• [Task input]
- Opening Delimiter -
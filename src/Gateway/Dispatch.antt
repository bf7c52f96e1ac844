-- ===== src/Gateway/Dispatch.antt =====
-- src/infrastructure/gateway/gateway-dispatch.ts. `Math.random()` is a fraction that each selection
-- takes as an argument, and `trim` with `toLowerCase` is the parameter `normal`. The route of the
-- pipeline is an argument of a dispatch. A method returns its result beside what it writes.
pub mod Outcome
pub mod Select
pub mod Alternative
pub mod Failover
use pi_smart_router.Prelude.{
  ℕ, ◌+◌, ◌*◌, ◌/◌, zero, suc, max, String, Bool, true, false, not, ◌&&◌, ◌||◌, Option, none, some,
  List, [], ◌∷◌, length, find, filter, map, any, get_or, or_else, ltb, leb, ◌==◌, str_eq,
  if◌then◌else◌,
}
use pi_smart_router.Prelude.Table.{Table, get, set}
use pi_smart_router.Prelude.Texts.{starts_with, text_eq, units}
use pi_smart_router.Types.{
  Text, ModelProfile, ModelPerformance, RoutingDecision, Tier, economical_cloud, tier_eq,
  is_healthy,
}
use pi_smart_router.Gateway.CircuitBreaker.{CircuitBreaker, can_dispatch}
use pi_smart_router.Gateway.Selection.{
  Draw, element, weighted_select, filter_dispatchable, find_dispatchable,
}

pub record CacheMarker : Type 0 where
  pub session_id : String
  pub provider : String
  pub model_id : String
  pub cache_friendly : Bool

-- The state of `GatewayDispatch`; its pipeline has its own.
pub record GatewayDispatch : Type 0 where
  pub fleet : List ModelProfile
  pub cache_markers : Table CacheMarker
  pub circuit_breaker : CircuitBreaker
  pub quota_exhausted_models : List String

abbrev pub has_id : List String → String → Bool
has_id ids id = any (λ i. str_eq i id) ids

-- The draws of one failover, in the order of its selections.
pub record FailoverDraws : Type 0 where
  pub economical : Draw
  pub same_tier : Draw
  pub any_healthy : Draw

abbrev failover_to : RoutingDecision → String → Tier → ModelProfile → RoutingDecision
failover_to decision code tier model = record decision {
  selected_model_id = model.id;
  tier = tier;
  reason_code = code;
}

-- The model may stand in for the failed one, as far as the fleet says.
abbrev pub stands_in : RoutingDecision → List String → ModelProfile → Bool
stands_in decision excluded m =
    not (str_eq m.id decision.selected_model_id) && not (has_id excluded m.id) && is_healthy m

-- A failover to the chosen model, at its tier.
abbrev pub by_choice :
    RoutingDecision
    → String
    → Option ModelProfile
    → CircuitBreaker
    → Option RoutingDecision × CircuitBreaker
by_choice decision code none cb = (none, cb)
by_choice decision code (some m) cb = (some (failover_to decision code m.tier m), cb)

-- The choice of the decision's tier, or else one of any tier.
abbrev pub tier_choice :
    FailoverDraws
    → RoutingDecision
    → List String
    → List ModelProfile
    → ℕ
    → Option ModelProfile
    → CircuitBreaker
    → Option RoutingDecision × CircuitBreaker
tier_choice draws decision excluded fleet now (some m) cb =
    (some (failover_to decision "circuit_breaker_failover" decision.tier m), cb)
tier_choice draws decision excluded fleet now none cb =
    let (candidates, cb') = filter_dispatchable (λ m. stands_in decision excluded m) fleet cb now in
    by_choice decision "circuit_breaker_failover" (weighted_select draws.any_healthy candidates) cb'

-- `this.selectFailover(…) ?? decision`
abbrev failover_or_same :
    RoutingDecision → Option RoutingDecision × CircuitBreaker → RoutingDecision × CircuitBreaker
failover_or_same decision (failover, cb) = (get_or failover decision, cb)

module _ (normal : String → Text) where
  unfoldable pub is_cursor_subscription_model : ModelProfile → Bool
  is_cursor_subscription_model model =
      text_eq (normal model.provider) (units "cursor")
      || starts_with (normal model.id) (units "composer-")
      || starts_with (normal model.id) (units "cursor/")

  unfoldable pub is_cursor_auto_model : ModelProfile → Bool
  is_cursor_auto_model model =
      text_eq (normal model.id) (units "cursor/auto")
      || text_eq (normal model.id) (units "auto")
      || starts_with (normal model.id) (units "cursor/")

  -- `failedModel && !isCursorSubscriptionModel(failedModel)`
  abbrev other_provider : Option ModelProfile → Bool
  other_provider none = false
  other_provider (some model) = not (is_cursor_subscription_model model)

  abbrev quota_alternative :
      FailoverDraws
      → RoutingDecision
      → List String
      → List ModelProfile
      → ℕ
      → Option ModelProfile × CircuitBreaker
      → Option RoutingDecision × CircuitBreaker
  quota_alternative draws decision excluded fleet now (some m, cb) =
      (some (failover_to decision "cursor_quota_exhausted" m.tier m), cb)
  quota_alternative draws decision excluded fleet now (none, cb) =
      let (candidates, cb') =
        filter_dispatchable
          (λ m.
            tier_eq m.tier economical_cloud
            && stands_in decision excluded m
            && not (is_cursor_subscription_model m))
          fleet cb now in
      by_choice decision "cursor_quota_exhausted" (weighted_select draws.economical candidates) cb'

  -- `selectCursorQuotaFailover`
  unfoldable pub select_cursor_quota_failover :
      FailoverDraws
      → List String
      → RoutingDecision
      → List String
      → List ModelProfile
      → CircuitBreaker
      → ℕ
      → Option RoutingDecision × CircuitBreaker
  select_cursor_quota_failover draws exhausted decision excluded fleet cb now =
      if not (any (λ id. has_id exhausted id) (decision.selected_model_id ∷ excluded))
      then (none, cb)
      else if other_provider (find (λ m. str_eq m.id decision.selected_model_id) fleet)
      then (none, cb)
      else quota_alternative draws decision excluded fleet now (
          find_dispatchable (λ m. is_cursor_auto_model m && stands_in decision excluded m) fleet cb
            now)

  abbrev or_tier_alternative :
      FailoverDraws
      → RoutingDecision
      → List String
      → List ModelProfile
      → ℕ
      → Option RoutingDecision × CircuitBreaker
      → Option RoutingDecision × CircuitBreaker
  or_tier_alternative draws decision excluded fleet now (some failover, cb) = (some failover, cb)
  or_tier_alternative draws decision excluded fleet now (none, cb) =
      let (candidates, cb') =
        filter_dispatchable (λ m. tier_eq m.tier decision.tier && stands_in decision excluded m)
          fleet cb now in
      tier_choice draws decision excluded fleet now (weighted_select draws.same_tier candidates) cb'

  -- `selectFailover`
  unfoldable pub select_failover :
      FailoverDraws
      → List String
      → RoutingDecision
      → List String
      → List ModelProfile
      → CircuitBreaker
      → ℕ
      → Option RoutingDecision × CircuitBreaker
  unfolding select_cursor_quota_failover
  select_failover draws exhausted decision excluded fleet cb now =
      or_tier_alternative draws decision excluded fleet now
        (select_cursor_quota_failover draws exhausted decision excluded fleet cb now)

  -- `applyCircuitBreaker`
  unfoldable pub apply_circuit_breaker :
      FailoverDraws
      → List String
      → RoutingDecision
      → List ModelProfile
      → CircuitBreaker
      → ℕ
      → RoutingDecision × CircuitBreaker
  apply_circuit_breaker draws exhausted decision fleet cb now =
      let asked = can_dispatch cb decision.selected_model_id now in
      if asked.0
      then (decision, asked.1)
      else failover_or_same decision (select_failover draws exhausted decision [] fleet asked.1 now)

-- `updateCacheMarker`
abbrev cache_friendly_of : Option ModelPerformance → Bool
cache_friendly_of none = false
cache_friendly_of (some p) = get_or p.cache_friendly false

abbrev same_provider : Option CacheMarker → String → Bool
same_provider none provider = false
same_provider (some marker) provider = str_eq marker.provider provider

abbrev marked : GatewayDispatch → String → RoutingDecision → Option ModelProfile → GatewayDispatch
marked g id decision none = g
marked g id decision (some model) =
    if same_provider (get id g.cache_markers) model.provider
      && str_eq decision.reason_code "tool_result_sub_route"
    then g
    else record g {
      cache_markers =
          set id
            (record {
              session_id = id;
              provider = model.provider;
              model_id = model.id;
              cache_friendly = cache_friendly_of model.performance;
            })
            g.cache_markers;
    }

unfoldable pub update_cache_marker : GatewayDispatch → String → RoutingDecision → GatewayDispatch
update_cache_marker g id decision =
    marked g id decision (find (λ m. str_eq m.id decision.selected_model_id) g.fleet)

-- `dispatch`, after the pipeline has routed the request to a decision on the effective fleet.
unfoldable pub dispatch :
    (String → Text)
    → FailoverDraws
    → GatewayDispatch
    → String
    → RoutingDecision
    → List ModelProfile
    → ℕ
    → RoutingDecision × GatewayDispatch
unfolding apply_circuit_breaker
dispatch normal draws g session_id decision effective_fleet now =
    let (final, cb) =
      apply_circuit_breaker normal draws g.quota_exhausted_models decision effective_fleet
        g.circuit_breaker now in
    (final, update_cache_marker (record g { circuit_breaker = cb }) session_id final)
- Closing Delimiter -
• [Work task] For each line in the entries that contains the string "final", make a copy.

• [Solution for this task]
    let (final, cb) =
    (final, update_cache_marker (record g { circuit_breaker = cb }) session_id final)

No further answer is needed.